Content starts

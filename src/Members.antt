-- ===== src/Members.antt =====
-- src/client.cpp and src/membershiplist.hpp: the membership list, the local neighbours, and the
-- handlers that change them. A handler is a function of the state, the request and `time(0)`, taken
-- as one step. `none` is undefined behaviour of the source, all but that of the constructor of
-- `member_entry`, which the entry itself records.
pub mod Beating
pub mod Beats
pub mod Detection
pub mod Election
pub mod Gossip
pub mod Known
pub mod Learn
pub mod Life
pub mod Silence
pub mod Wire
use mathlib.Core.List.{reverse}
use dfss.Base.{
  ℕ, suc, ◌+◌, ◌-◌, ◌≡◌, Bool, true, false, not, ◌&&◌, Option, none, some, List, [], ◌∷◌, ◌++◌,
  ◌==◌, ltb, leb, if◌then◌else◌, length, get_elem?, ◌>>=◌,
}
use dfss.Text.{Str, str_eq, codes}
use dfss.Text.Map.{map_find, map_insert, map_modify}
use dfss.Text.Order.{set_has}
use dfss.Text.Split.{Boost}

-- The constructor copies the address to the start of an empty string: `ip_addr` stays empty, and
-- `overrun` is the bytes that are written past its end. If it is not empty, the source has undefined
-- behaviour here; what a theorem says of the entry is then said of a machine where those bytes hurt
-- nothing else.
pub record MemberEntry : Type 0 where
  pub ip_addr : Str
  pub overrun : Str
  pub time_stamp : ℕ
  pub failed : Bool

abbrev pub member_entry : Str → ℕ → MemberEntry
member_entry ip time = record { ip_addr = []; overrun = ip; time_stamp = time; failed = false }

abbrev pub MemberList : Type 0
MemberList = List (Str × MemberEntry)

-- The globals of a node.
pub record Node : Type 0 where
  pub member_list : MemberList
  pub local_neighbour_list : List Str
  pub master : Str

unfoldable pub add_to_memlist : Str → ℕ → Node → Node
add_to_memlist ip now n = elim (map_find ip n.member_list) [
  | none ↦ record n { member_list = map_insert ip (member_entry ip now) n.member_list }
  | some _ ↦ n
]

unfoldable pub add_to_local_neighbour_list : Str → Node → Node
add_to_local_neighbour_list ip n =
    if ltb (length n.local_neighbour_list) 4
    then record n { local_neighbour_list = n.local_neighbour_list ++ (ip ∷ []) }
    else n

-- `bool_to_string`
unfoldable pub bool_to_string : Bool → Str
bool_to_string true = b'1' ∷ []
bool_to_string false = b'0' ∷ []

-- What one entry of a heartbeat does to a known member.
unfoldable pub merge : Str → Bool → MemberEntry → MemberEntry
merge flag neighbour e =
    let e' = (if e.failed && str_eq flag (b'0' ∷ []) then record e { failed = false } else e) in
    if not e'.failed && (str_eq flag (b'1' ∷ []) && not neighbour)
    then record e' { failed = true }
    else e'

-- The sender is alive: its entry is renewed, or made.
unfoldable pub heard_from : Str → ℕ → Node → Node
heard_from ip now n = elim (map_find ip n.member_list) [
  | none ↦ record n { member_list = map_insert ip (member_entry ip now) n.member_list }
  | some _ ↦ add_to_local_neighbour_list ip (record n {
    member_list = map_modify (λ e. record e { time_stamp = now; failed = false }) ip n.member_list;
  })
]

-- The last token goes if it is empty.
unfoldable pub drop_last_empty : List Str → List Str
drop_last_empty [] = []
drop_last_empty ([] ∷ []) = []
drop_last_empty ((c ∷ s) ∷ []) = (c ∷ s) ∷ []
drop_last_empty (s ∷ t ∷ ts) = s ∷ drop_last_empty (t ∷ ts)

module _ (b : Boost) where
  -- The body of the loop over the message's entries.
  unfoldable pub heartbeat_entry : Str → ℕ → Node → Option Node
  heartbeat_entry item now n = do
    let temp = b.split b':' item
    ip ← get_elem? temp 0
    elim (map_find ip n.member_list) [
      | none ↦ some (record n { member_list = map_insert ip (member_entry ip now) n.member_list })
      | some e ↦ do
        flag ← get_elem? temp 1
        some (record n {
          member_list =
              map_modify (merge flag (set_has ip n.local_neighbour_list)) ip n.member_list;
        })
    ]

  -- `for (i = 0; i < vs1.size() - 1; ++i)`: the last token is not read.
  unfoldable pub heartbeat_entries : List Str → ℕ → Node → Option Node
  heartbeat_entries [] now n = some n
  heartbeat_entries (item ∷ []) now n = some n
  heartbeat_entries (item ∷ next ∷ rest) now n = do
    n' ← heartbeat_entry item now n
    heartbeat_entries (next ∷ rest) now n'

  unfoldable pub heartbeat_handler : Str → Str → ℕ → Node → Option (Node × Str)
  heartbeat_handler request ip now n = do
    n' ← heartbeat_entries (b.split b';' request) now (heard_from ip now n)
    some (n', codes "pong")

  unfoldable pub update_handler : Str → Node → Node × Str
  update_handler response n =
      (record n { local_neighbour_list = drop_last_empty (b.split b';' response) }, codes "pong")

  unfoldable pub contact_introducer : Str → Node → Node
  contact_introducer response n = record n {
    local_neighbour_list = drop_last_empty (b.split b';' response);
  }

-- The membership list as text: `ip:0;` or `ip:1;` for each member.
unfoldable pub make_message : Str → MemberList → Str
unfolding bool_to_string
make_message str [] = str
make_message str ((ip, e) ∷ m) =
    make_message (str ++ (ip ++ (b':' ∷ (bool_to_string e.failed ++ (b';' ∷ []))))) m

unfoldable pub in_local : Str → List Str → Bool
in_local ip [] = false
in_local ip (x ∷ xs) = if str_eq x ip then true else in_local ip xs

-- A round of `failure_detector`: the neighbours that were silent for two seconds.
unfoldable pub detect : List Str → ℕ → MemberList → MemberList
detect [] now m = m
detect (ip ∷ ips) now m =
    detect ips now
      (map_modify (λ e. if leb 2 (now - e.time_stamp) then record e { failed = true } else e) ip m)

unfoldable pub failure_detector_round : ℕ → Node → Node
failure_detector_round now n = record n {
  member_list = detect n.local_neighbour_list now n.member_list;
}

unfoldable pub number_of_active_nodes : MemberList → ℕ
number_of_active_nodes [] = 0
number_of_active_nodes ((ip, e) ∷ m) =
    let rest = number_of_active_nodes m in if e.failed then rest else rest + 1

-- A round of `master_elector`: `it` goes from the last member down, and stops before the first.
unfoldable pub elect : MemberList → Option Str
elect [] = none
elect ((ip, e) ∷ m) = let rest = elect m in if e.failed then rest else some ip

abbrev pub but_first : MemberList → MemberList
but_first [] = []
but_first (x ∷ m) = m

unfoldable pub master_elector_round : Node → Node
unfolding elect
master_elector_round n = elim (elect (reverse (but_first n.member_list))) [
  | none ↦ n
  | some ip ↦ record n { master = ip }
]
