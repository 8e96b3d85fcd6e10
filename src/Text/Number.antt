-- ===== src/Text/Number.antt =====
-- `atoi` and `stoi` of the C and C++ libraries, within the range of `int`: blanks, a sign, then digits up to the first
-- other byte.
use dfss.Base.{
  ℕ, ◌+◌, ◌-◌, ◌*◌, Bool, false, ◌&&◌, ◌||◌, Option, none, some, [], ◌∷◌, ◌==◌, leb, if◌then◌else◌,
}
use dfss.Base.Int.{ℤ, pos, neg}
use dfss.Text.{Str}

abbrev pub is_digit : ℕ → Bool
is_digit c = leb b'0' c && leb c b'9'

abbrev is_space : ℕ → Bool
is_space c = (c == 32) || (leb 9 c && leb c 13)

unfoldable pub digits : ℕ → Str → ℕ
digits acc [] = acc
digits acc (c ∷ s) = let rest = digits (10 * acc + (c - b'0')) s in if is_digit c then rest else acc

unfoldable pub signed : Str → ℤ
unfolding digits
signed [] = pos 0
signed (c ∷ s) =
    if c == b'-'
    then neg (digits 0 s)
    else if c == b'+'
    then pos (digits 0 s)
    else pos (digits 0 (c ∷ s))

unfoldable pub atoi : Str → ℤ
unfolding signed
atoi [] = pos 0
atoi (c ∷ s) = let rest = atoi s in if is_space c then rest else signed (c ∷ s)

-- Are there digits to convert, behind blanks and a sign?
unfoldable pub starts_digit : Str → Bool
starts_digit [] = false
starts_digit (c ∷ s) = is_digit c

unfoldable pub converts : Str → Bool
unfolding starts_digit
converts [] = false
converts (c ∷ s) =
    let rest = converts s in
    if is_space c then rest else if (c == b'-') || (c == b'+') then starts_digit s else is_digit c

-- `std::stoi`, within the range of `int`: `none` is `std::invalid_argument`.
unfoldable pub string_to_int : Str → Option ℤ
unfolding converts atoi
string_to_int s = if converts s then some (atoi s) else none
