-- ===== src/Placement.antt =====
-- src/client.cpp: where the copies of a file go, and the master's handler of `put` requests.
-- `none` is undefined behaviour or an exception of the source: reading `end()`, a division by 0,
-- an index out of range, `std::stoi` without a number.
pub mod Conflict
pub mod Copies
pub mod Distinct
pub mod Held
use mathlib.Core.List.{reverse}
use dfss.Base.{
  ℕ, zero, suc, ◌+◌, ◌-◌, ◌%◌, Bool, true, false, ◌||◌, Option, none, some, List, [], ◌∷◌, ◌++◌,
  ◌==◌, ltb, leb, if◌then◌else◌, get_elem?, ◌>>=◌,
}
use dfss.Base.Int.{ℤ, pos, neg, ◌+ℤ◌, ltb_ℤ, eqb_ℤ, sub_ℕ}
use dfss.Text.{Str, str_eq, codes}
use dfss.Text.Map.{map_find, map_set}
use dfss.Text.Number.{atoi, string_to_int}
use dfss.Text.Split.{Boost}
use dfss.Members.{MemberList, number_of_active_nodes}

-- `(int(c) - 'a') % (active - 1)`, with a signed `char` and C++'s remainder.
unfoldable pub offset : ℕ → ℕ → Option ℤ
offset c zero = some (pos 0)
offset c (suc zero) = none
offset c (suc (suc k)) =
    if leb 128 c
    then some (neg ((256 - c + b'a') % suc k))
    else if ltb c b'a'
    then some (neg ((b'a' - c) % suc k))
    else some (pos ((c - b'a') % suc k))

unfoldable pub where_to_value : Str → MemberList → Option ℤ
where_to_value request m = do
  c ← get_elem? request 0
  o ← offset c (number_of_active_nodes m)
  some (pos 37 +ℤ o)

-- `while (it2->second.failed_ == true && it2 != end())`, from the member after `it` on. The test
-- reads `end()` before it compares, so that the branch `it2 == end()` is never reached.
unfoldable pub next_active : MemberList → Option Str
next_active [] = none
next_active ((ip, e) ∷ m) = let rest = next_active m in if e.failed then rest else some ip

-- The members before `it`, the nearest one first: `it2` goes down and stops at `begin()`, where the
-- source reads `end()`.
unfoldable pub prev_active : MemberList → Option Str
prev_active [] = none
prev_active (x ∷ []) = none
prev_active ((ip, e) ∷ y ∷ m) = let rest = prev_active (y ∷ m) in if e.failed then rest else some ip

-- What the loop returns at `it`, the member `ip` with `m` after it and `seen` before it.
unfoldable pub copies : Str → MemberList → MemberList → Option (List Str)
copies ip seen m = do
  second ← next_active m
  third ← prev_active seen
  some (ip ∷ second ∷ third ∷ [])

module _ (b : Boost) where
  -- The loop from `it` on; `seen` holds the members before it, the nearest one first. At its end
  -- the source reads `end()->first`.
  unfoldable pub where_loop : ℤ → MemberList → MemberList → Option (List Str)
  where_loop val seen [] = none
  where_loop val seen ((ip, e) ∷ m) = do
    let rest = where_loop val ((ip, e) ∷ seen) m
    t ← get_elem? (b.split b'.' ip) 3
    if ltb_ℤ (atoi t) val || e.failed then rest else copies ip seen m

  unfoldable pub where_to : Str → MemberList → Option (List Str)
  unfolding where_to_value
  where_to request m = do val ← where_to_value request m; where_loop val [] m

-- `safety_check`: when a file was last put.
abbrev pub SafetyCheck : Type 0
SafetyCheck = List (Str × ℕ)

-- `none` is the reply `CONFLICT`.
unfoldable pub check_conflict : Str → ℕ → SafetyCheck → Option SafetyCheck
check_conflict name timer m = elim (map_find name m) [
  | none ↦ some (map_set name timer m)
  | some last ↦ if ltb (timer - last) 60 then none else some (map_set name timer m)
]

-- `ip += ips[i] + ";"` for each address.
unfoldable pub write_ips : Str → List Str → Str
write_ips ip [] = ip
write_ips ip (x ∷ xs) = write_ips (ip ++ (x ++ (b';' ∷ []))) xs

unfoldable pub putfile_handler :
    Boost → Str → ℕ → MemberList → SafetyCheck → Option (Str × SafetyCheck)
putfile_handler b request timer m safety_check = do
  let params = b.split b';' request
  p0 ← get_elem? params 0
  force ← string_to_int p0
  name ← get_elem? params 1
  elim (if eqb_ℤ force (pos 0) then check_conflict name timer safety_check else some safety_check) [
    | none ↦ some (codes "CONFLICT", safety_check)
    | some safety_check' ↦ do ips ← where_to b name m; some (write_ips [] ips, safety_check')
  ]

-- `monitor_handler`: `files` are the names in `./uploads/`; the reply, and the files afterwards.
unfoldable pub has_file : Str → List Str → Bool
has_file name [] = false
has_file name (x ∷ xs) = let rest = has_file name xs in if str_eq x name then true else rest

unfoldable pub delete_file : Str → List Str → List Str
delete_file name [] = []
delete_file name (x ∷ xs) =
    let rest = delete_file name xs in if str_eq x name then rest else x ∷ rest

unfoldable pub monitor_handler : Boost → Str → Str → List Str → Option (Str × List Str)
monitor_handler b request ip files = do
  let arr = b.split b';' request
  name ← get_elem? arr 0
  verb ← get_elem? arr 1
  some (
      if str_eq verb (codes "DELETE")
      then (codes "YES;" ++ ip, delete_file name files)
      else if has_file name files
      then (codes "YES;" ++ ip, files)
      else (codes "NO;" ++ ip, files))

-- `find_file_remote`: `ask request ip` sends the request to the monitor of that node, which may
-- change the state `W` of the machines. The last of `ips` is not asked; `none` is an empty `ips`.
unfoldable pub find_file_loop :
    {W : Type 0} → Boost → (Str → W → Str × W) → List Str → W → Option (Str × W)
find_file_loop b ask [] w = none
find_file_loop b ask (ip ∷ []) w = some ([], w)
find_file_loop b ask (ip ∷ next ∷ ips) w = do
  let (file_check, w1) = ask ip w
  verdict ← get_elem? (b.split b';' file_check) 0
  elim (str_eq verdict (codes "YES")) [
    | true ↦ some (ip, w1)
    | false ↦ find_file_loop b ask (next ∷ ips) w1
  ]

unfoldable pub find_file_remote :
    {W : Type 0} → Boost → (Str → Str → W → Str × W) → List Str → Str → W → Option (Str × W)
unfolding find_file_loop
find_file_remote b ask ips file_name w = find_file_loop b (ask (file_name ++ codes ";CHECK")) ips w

Content ends

Exercise aim | Each line from the top of the entries above through the line containing "-- handlers that" must be transcribed exactly, and no other line may appear.

Problem solution |
filename src/Members.antt
-- ===== src/Members.antt =====
-- src/client.cpp and src/membershiplist.hpp: the membership list, the local neighbours, and the
-- handlers that change them. A handler is a function of the state, the request and `time(0)`, taken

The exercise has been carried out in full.